-- ===== src/Listing/Order.antt =====
-- Lists cut into pages, the order of a query, and what a cursor selects.
use gatway_pagamento_escrito.Prelude.{
  arith, ℕ, zero, suc, ◌*◌, ◌/◌, ◌<◌, ◌≡◌, refl, sym, ap, ◌∙◌, Bool, true, false, ◌&&◌, some, List,
  [], ◌∷◌, ◌++◌, ltb, ◌==◌, length, take, select, All, All-map, All-select, if_elim, inl, inr,
  Bool-cases,
}
use gatway_pagamento_escrito.Listing.{Cursor, last_of, comes_first, place, order_rows, is_after}

abbrev pub drop : {A : Type 0} → ℕ → List A → List A
drop zero xs = xs
drop (suc n) [] = []
drop (suc n) (x ∷ xs) = drop n xs

ltb-suc : (a b : ℕ) → ltb (suc a) (suc b) ≡ ltb a b
ltb-suc a b = ground arith

module _ {A : Type 0} where
  pub take-take : (n : ℕ) (xs : List A) → take n (take (suc n) xs) ≡ take n xs
  take-take zero xs = refl
  take-take (suc n) [] = refl
  take-take (suc n) (x ∷ xs) = ap (λ ys. x ∷ ys) (take-take n xs)

  pub length-take-suc : (n : ℕ) (xs : List A) → ltb n (length (take (suc n) xs)) ≡ ltb n (length xs)
  length-take-suc zero [] = refl
  length-take-suc zero (x ∷ xs) = ground arith
  length-take-suc (suc n) [] = refl
  length-take-suc (suc n) (x ∷ xs) =
      ltb-suc n (length (take (suc n) xs)) ∙ length-take-suc n xs ∙ sym (ltb-suc n (length xs))

  pub take-all : (n : ℕ) (xs : List A) → ltb n (length xs) ≡ false → take n xs ≡ xs
  take-all zero [] e = refl
  take-all zero (x ∷ xs) e = ground arith
  take-all (suc n) [] e = refl
  take-all (suc n) (x ∷ xs) e = ap (λ ys. x ∷ ys) (take-all n xs (sym (ltb-suc n (length xs)) ∙ e))

  -- A list longer than a page: the page ends in a row, and the rest follows.
  pub record Cut (n : ℕ) (xs : List A) : Type 0 where
    pub front : List A
    pub edge : A
    pub page : take n xs ≡ front ++ edge ∷ []
    pub whole : xs ≡ front ++ edge ∷ drop n xs
    pub last : last_of (take n xs) ≡ some edge
    pub shorter : length (drop n xs) < length xs

  pub cut : (n : ℕ) (xs : List A) → ltb (suc n) (length xs) ≡ true → Cut (suc n) xs
  cut n [] e = ground arith
  cut zero (x ∷ xs) e = record {
    front = [];
    edge = x;
    page = refl;
    whole = refl;
    last = refl;
    shorter = omega arith;
  }
  cut (suc n) (x ∷ []) e = ground arith
  cut (suc n) (x ∷ y ∷ xs) e =
      let c = cut n (y ∷ xs) (sym (ltb-suc (suc n) (suc (length xs))) ∙ e) in
      record {
        front = x ∷ c.front;
        edge = c.edge;
        page = ap (λ ys. x ∷ ys) c.page;
        whole = ap (λ ys. x ∷ ys) c.whole;
        last = c.last;
        shorter = omega (arith, c.shorter);
      }

  pub All-middle :
      (P : A → Type 0) (front : List A) (x : A) (rest : List A) → All P (front ++ x ∷ rest) → P x
  All-middle P [] x rest (p, _) = p
  All-middle P (y ∷ front) x rest (_, h) = All-middle P front x rest h

  pub ++-assoc : (xs ys zs : List A) → (xs ++ ys) ++ zs ≡ xs ++ (ys ++ zs)
  ++-assoc [] ys zs = refl
  ++-assoc (x ∷ xs) ys zs = ap (λ rest. x ∷ rest) (++-assoc xs ys zs)

  pub select-and :
      (p q : A → Bool) (xs : List A) → select (λ x. p x && q x) xs ≡ select q (select p xs)
  select-and p q [] = refl
  select-and p q (x ∷ xs) = ground (arith, select-and p q xs)

  select-All : (p : A → Bool) (xs : List A) → All (λ x. p x ≡ true) xs → select p xs ≡ xs
  select-All p [] h = refl
  select-All p (x ∷ xs) (e, h) = rw e (ap (λ ys. x ∷ ys) (select-All p xs h))

  pub select-true : (xs : List A) → select (λ _. true) xs ≡ xs
  select-true [] = refl
  select-true (x ∷ xs) = ap (λ ys. x ∷ ys) (select-true xs)

module _ {Row : Type 0} (created_us id : Row → ℕ) where
  -- A time that a `Date` holds
  abbrev pub IsWhole : Row → Type 0
  IsWhole row = created_us row ≡ 1000 * (created_us row / 1000)

  abbrev pub First : Row → Row → Type 0
  First a b = comes_first created_us id a b ≡ true

  -- In order, no two rows with the same time and id
  abbrev pub Ordered : List Row → Type 0
  Ordered [] = Unit
  Ordered (x ∷ xs) = All (First x) xs × Ordered xs

  abbrev pub at : Row → Cursor
  at row = record { created_at = created_us row / 1000; id = id row }

  after-First : (a b : Row) → IsWhole a → First a b → is_after created_us id (at a) b ≡ true
  after-First a b w h = ground arith

  not_after_self : (a : Row) → IsWhole a → is_after created_us id (at a) a ≡ false
  not_after_self a w = ground arith

  not_after_later : (a b : Row) → IsWhole b → First a b → is_after created_us id (at b) a ≡ false
  not_after_later a b w h = ground arith

  -- Behind a row of an ordered list, the cursor selects the rest.
  pub after-edge :
      (front : List Row) (edge : Row) (rest : List Row)
      → IsWhole edge
      → Ordered (front ++ edge ∷ rest)
      → select (is_after created_us id (at edge)) (front ++ edge ∷ rest) ≡ rest
  after-edge [] edge rest w (h, _) = rw (not_after_self edge w) (
      select-All (is_after created_us id (at edge)) rest
        (All-map (λ row p. after-First edge row w p) rest h))
  after-edge (x ∷ front) edge rest w (h, o) =
      rw (not_after_later x edge w (All-middle (First x) front edge rest h))
        (after-edge front edge rest w o)

  First-trans : (a b c : Row) → First a b → First b c → First a c
  First-trans a b c h h' = ground arith

  abbrev pub DistinctIds : List Row → Type 0
  DistinctIds [] = Unit
  DistinctIds (x ∷ xs) = All (λ y. (id x == id y) ≡ false) xs × DistinctIds xs

  All-place :
      (P : Row → Type 0) (x : Row) (ys : List Row)
      → P x
      → All P ys
      → All P (place created_us id x ys)
  All-place P x [] p h = (p, tt)
  All-place P x (y ∷ ys) p (q, h) =
      if_elim (All P) (comes_first created_us id x y) (λ _. (p, (q, h)))
        (λ _. (q, All-place P x ys p h))

  pub All-order :
      (P : Row → Type 0) (xs : List Row) → All P xs → All P (order_rows created_us id xs)
  unfolding order_rows
  All-order P [] h = tt
  All-order P (x ∷ xs) (p, h) = All-place P x (order_rows created_us id xs) p (All-order P xs h)

  other-First :
      (a b : Row) → (id a == id b) ≡ false → comes_first created_us id a b ≡ false → First b a
  other-First a b e h = ground arith

  place-Ordered :
      (x : Row) (ys : List Row)
      → All (λ y. (id x == id y) ≡ false) ys
      → Ordered ys
      → Ordered (place created_us id x ys)
  place-Ordered x [] d o = (tt, tt)
  place-Ordered x (y ∷ ys) (e, d) (h, o) = elim (Bool-cases (comes_first created_us id x y)) [
    | inl first ↦ rw first ((first, All-map (λ z p. First-trans x y z first p) ys h), (h, o))
    | inr second ↦
        rw second (All-place (First y) x ys (other-First x y e second) h, place-Ordered x ys d o)
  ]

  pub order-Ordered : (xs : List Row) → DistinctIds xs → Ordered (order_rows created_us id xs)
  unfolding order_rows
  order-Ordered [] d = tt
  order-Ordered (x ∷ xs) (e, d) =
      place-Ordered x (order_rows created_us id xs) (All-order (λ y. (id x == id y) ≡ false) xs e)
        (order-Ordered xs d)

  pub select-Ordered : (p : Row → Bool) (xs : List Row) → Ordered xs → Ordered (select p xs)
  select-Ordered p [] o = tt
  select-Ordered p (x ∷ xs) (h, o) =
      if_elim Ordered (p x) (λ _. (All-select (First x) p xs h, select-Ordered p xs o))
        (λ _. select-Ordered p xs o)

Your assignment
Report all lines above with "time".

Result of the exercise
  -- A time that a `Date` holds
  -- In order, no two rows with the same time and id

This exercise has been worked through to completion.